Ciri-ciri dari sistem pemungutan pajak self-assessment adalah:

  • Wajib Pajak menentukan besaran pajak terutang;
  • Wajib Pajak berperan aktif dalam menyelesaikan kewajiban perpajakannya (perhitungan, pembayaran, dan pelaporan); serta
  • Pemerintah tidak ikut campur dan hanya mengawasi.

Official Assessment System

Sistem pemungutan pajak ini yang memungkinkan pihak berwenang untuk dengan bebas menentukan jumlah pajak yang harus dibayarkan kepada otoritas pajak atau pemungut pajak. Dalam sistem pemungutan pajak ini biasanya wajib pajak bersifat pasif  dan hutang pajak hanya dapat digunakan setelah otoritas pajak mengeluarkan surat ketetapan pajaknya.

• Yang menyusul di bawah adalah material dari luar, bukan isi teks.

-- ===== src/Platform/PageTable/Frame.antt =====
-- What the writes of `mapPage` and `unmapPage` leave alone: a new table changes no look-up, and an
-- entry of the last level only those of its page.
use kush_os_rewrite.Base.{
  ℕ, zero, suc, ◌/◌, ◌%◌, ◌^◌, ◌≤◌, ◌<◌, Bool, true, false, ◌&&◌, arith, bit_and,
}
use kush_os_rewrite.Base.{
  ◌≡◌, ◌≢◌, ap, sym, ◌∙◌, ◌⊎◌, inl, inr, ◌==◌, Bool-cases, eq_of_==, ==_of_ne, ne_of_==,
}
use kush_os_rewrite.Platform.PageTable.{
  present, large, table_addr, index, Memory, slot, write_slot, get_phys_addr,
}
use kush_os_rewrite.Platform.PageTable.Tree.{Levels, IsTree, slot-injective}
use kush_os_rewrite.Platform.PageTable.Level.{and_fst, and_snd, and_no}
use mathlib.Core.Path.{subst}
use kush_os_rewrite.Base.Bits.{bit_and-low}
use kush_os_rewrite.Platform.PageTable.Leaf.{leaf-other, leaf-IsTree}
use kush_os_rewrite.Platform.PageTable.Look.{
  index_at, index_at-lt, is_large, leaf, branch, look, branch_ap, branch-absent, branch-leads,
  look-zero, leads_down, large_case, get_phys_addr-same,
}

module _ (early : Bool) (level : Levels) (mem : Memory) (tree : IsTree early level mem) where
  -- A table of zeros is put under an entry that was not present.
  pub record Grafts (mem' : Memory) (t i : ℕ) : Type 0 where
    pub upper : 1 < level t
    pub absent : present (mem (slot t i)) ≡ false
    pub here : present (mem' (slot t i)) ≡ true
    pub small : large (mem' (slot t i)) ≡ false
    pub zeros : (j : ℕ) → j < 512 → mem' (slot (table_addr (mem' (slot t i))) j) ≡ 0
    pub others :
        (q j : ℕ) → 0 < level q → j < 512 → (q ≢ t) ⊎ (j ≢ i) → mem' (slot q j) ≡ mem (slot q j)

  -- Look-ups go through equal entries to equal results.
  same_branch :
      (n : ℕ) (mem' : Memory) (virt q : ℕ)
      → level q ≡ suc (suc n)
      → mem' (slot q (index_at (suc n) virt)) ≡ mem (slot q (index_at (suc n) virt))
      → (present (mem (slot q (index_at (suc n) virt))) ≡ true
          → is_large n (mem (slot q (index_at (suc n) virt))) ≡ false
          → look n mem' virt (table_addr (mem (slot q (index_at (suc n) virt))))
            ≡ look n mem virt (table_addr (mem (slot q (index_at (suc n) virt)))))
      → look (suc n) mem' virt q ≡ look (suc n) mem virt q
  unfolding look
  same_branch n mem' virt q at_level e below =
      ap (λ (x : ℕ). branch n virt x (look n mem' virt (table_addr x))) e
      ∙ branch_ap n virt (mem (slot q (index_at (suc n) virt))) _ _ below

  module _ (mem' : Memory) (t i virt : ℕ) (grafts : Grafts mem' t i) where
    grafted_entry :
        (n q : ℕ)
        → level q ≡ suc (suc n)
        → q ≡ t
        → index_at (suc n) virt ≡ i
        → look (suc n) mem' virt q ≡ look (suc n) mem virt q
    unfolding look
    grafted_entry n q at_level e e' =
        let here : slot q (index_at (suc n) virt) ≡ slot t i = omega (arith, e, e') in
        ap (λ (a : ℕ). branch n virt (mem' a) (look n mem' virt (table_addr (mem' a)))) here
        ∙ branch-leads n virt (mem' (slot t i)) _ grafts.here grafts.small
        ∙ look-zero n mem' virt (table_addr (mem' (slot t i))) grafts.zeros
        ∙ sym (branch-absent n virt (mem (slot t i)) _ grafts.absent)
        ∙ ap (λ (a : ℕ). branch n virt (mem a) (look n mem virt (table_addr (mem a)))) (sym here)

    pub look-grafted : (n q : ℕ) → level q ≡ suc n → look n mem' virt q ≡ look n mem virt q
    unfolding look
    look-grafted zero q at_level = ap (leaf virt) (
        grafts.others q (index_at 0 virt) (omega arith) (index_at-lt 0 virt)
          (inl (λ e. absurd (omega (arith, ap level e, grafts.upper)))))
    look-grafted (suc n) q at_level = elim (Bool-cases ((q == t) && (index_at (suc n) virt == i))) [
      | inl same ↦
          grafted_entry n q at_level (and_fst q t (index_at (suc n) virt) i same)
            (and_snd q t (index_at (suc n) virt) i same)
      | inr differs ↦
          same_branch n mem' virt q at_level
            (grafts.others q (index_at (suc n) virt) (omega arith) (index_at-lt (suc n) virt)
              (and_no q t (index_at (suc n) virt) i differs))
            (λ p g. look-grafted n _ (leads_down early level mem tree virt n q at_level p g))
    ]

  -- The tables on the way of an address, by their levels.
  pub record Way (virt : ℕ) (at : ℕ → ℕ) : Type 0 where
    pub leaf : level (at 0) ≡ 1
    pub on :
        (n : ℕ)
        → n < 3
        → (level (at (suc n)) ≡ suc (suc n))
          × (present (mem (slot (at (suc n)) (index_at (suc n) virt))) ≡ true)
          × (is_large n (mem (slot (at (suc n)) (index_at (suc n) virt))) ≡ false)
          × (table_addr (mem (slot (at (suc n)) (index_at (suc n) virt))) ≡ at n)

  -- The other address is in another table of level n + 1, or leaves the way further down.
  abbrev pub Apart : (virt : ℕ) (at : ℕ → ℕ) (n other q : ℕ) → Type 0
  Apart virt at n other q = (q ≢ at n) ⊎ ((k : ℕ) × (k ≤ n) × (index_at k other ≢ index_at k virt))

  module _ (virt : ℕ) (at : ℕ → ℕ) (way : Way virt at) (other v : ℕ) where
    abbrev written : Memory
    written = write_slot mem (slot (at 0) (index_at 0 virt)) v

    -- No two entries lead to one table, so paths that have parted stay apart.
    parted :
        (n q : ℕ)
        → n < 3
        → level q ≡ suc (suc n)
        → present (mem (slot q (index_at (suc n) other))) ≡ true
        → is_large n (mem (slot q (index_at (suc n) other))) ≡ false
        → table_addr (mem (slot q (index_at (suc n) other))) ≡ at n
        → (q ≡ at (suc n)) × (index_at (suc n) other ≡ index_at (suc n) virt)
    parted n q few at_level p g e =
        let (up, here, goes, next) = way.on n few in
        let mine =
          tree.owned q (index_at (suc n) other) n at_level (index_at-lt (suc n) other) p
            (large_case n _ g) in
        let its =
          tree.owned (at (suc n)) (index_at (suc n) virt) n up (index_at-lt (suc n) virt) here
            (large_case n _ goes) in
        slot-injective q (index_at (suc n) other) (at (suc n)) (index_at (suc n) virt)
          (tree.aligned q (omega (arith, at_level))).0
          (tree.aligned (at (suc n)) (omega (arith, up))).0 (index_at-lt (suc n) other)
          (index_at-lt (suc n) virt) (sym mine ∙ ap tree.owner (e ∙ sym next) ∙ its)

    Apart-below :
        (n q : ℕ)
        → n < 3
        → level q ≡ suc (suc n)
        → Apart virt at (suc n) other q
        → present (mem (slot q (index_at (suc n) other))) ≡ true
        → is_large n (mem (slot q (index_at (suc n) other))) ≡ false
        → Apart virt at n other (table_addr (mem (slot q (index_at (suc n) other))))
    Apart-below n q few at_level (inl ne) p g = inl (λ e. ne (parted n q few at_level p g e).0)
    Apart-below n q few at_level (inr (k, le, ne)) p g = elim (Bool-cases (k == suc n)) [
      | inl now ↦ inl (λ e. ne (
          subst (λ x. index_at x other ≡ index_at x virt) (sym (eq_of_== k (suc n) now))
            (parted n q few at_level p g e).1))
      | inr later ↦ inr (k, ground arith, ne)
    ]

    leaf-Apart :
        (q : ℕ)
        → level q ≡ 1
        → Apart virt at 0 other q
        → slot q (index_at 0 other) ≢ slot (at 0) (index_at 0 virt)
    leaf-Apart q at_level apart e =
        let same =
          slot-injective q (index_at 0 other) (at 0) (index_at 0 virt)
            (tree.aligned q (omega (arith, at_level))).0
            (tree.aligned (at 0) (omega (arith, way.leaf))).0 (index_at-lt 0 other)
            (index_at-lt 0 virt) e in
        by_case same apart
      where
        by_case : (q ≡ at 0) × (index_at 0 other ≡ index_at 0 virt) → Apart virt at 0 other q → ⊥
        by_case same (inl ne) = ne same.0
        by_case same (inr (k, le, ne)) =
            let first : 0 ≡ k = omega arith in
            ne (subst (λ x. index_at x other ≡ index_at x virt) first same.1)

    pub look-Apart :
        (n q : ℕ)
        → n ≤ 3
        → level q ≡ suc n
        → Apart virt at n other q
        → look n written other q ≡ look n mem other q
    unfolding look
    look-Apart zero q few at_level apart =
        ap (leaf other) (rw (==_of_ne _ _ (leaf-Apart q at_level apart)))
    look-Apart (suc n) q few at_level apart =
        same_branch n written other q at_level
          (leaf-other early level mem tree (at 0) (index_at 0 virt) v way.leaf (index_at-lt 0 virt)
            q (index_at (suc n) other) (omega (arith, at_level)) (index_at-lt (suc n) other))
          (λ p g.
            look-Apart n _ (omega arith) (leads_down early level mem tree other n q at_level p g)
              (Apart-below n q (omega arith) at_level apart p g))

-- The page that the indices of an address choose.
abbrev pub page_of : ℕ → ℕ
page_of virt = virt % 2 ^ 48 / 4096

index_lem : (shift virt : ℕ) → index shift virt ≡ virt % 2 ^ 48 / 2 ^ shift % 512
unfolding index
index_lem shift virt =
    ap (λ (x : ℕ). bit_and (x / 2 ^ shift) 0x1ff) (bit_and-low 48 virt)
    ∙ bit_and-low 9 (virt % 2 ^ 48 / 2 ^ shift)

-- Addresses of different pages differ in an index.
other_index : (a b : ℕ) → page_of a ≢ page_of b → (k : ℕ) × (k ≤ 3) × (index_at k a ≢ index_at k b)
other_index a b ne = elim (Bool-cases (index_at 0 a == index_at 0 b)) [
  | inr d ↦ (0, omega arith, ne_of_== _ _ d)
  | inl e0 ↦ elim (Bool-cases (index_at 1 a == index_at 1 b)) [
    | inr d ↦ (1, omega arith, ne_of_== _ _ d)
    | inl e1 ↦ elim (Bool-cases (index_at 2 a == index_at 2 b)) [
      | inr d ↦ (2, omega arith, ne_of_== _ _ d)
      | inl e2 ↦ elim (Bool-cases (index_at 3 a == index_at 3 b)) [
        | inr d ↦ (3, omega arith, ne_of_== _ _ d)
        | inl e3 ↦
            absurd (
              ne
                (same_page (eq_of_== _ _ e0) (eq_of_== _ _ e1) (eq_of_== _ _ e2) (eq_of_== _ _ e3)))
      ]
    ]
  ]
]
  where
    same_page :
        index_at 0 a ≡ index_at 0 b
        → index_at 1 a ≡ index_at 1 b
        → index_at 2 a ≡ index_at 2 b
        → index_at 3 a ≡ index_at 3 b
        → page_of a ≡ page_of b
    same_page e0 e1 e2 e3 = omega (
      arith,
      e0,
      e1,
      e2,
      e3,
      index_lem 12 a,
      index_lem 21 a,
      index_lem 30 a,
      index_lem 39 a,
      index_lem 12 b,
      index_lem 21 b,
      index_lem 30 b,
      index_lem 39 b,
    )

-- A page that is written to the last table on its way changes the look-ups of no other page.
pub get_phys_addr-written :
    (early : Bool) (level : Levels) (mem : Memory) (tree : IsTree early level mem) (virt : ℕ)
    (at : ℕ → ℕ)
    → Way early level mem tree virt at
    → (v other : ℕ) → page_of other ≢ page_of virt
    → get_phys_addr early (at 3) (write_slot mem (slot (at 0) (index_at 0 virt)) v) other
      ≡ get_phys_addr early (at 3) mem other
get_phys_addr-written early level mem tree virt at way v other ne =
    let root = (way.on 2 (omega arith)).0 in
    get_phys_addr-same early level level mem _ tree
      (leaf-IsTree early level mem tree (at 0) (index_at 0 virt) v way.leaf (index_at-lt 0 virt))
      (at 3) other root root
      (look-Apart early level mem tree virt at way other v 3 (at 3) (omega arith) root
        (inr (other_index other virt ne)))

-- Addresses of one page have the same indices.
pub same_indices :
    (a b : ℕ)
    → page_of a ≡ page_of b
    → (index 39 a ≡ index 39 b)
      × (index 30 a ≡ index 30 b)
      × (index 21 a ≡ index 21 b)
      × (index 12 a ≡ index 12 b)
same_indices a b e = (
  omega (arith, e, index_lem 39 a, index_lem 39 b),
  omega (arith, e, index_lem 30 a, index_lem 30 b),
  omega (arith, e, index_lem 21 a, index_lem 21 b),
  omega (arith, e, index_lem 12 a, index_lem 12 b),
)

Sistem pemungutan pajak ini biasanya dapat diterapkan pada penyelesaian Pajak Bumi dan Bangunan (PBB) atau jenis pajak daerah lainnya. Dalam proses transaksi pembayaran PBB, KPP biasanya berperan sebagai pihak yang mengeluarkan surat ketetapan pajak yang memuat sejumlah PBB terutang disetiap tahunnya, sehingga tidak perlu lagi untuk menghitung pajak yang terutangnya, namun cukup dengan membayar PBB berdasarkan Surat Pernyataan Terutang Pajak (SPPT) yang diterbitkan oleh KPP yang terdaftar sebagai subjek pajak.

Ciri-ciri dari sistem pemungutan pajak official assessment adalah:

  • Petugas pajak berwenang menghitung dan memungut besaran pajak terutang;
  • Wajib Pajak berperan pasif;
  • Besaran pajak akan diketahui oleh Wajib Pajak setelah petugas pajak melakukan perhitungan dan menerbitkan SKP; serta
  • Pemerintah memiliki hak penuh pada saat menentukan besaran pajak yang perlu dibayarkan.

Withholding Assessment System

Ciri-ciri dari sistem pemungutan pajak withholding assessment adalah:

  • Wajib Pajak dan pemerintah tidak berperan aktif dalam menghitung besaran pajak;
  • Pihak ketiga berwenang menentukan besarnya pajak terutang; serta
  • Menerbitkan bukti potong/pungut bagi Wajib Pajak yang telah melunasi pajak terutang.

Baca juga Tax Ratio Meningkat, Apa Dampak Bagi Perekonomian

Sistem pemungutan pajak ini memberikan pengertian bahwa besarnya pajak akan dihitung oleh pihak ketiga yang bukan wajib pajak atau petugas pajak. Contoh dari sistem ini adalah pemotongan penghasilan pegawai oleh bendahara instansi, sehingga pegawai tidak perlu lagi ke kantor pajak untuk membayar pajaknya.

Nah untuk itu kita perlu mengetahui jenis-jenis pajak apa saja yang termasuk dalam sistem pemungutan pajak ini, untuk penggunaan sistem ini di Indonesia jenis-jenis pajak yang dipakai  adalah PPh Pasal 21, PPh Pasal 22, PPh Pasal 23, dan PPh Final Pasal 4 ayat (2) dan PPN.

Sebagai bukti bahwa pajak telah dibayar lunas dengan menggunakan withholding assessment system pada umumnya berupa bukti potong atau bukti pungut. Namun dalam beberapa kasus juga menggunakan sertifikat pajak (SSP) yang kemudian sertifikat pemotongan tersebut kemudian akan dilampirkan pada PPh / SPT PPN tahunan wajib pajak yang bersangkutan.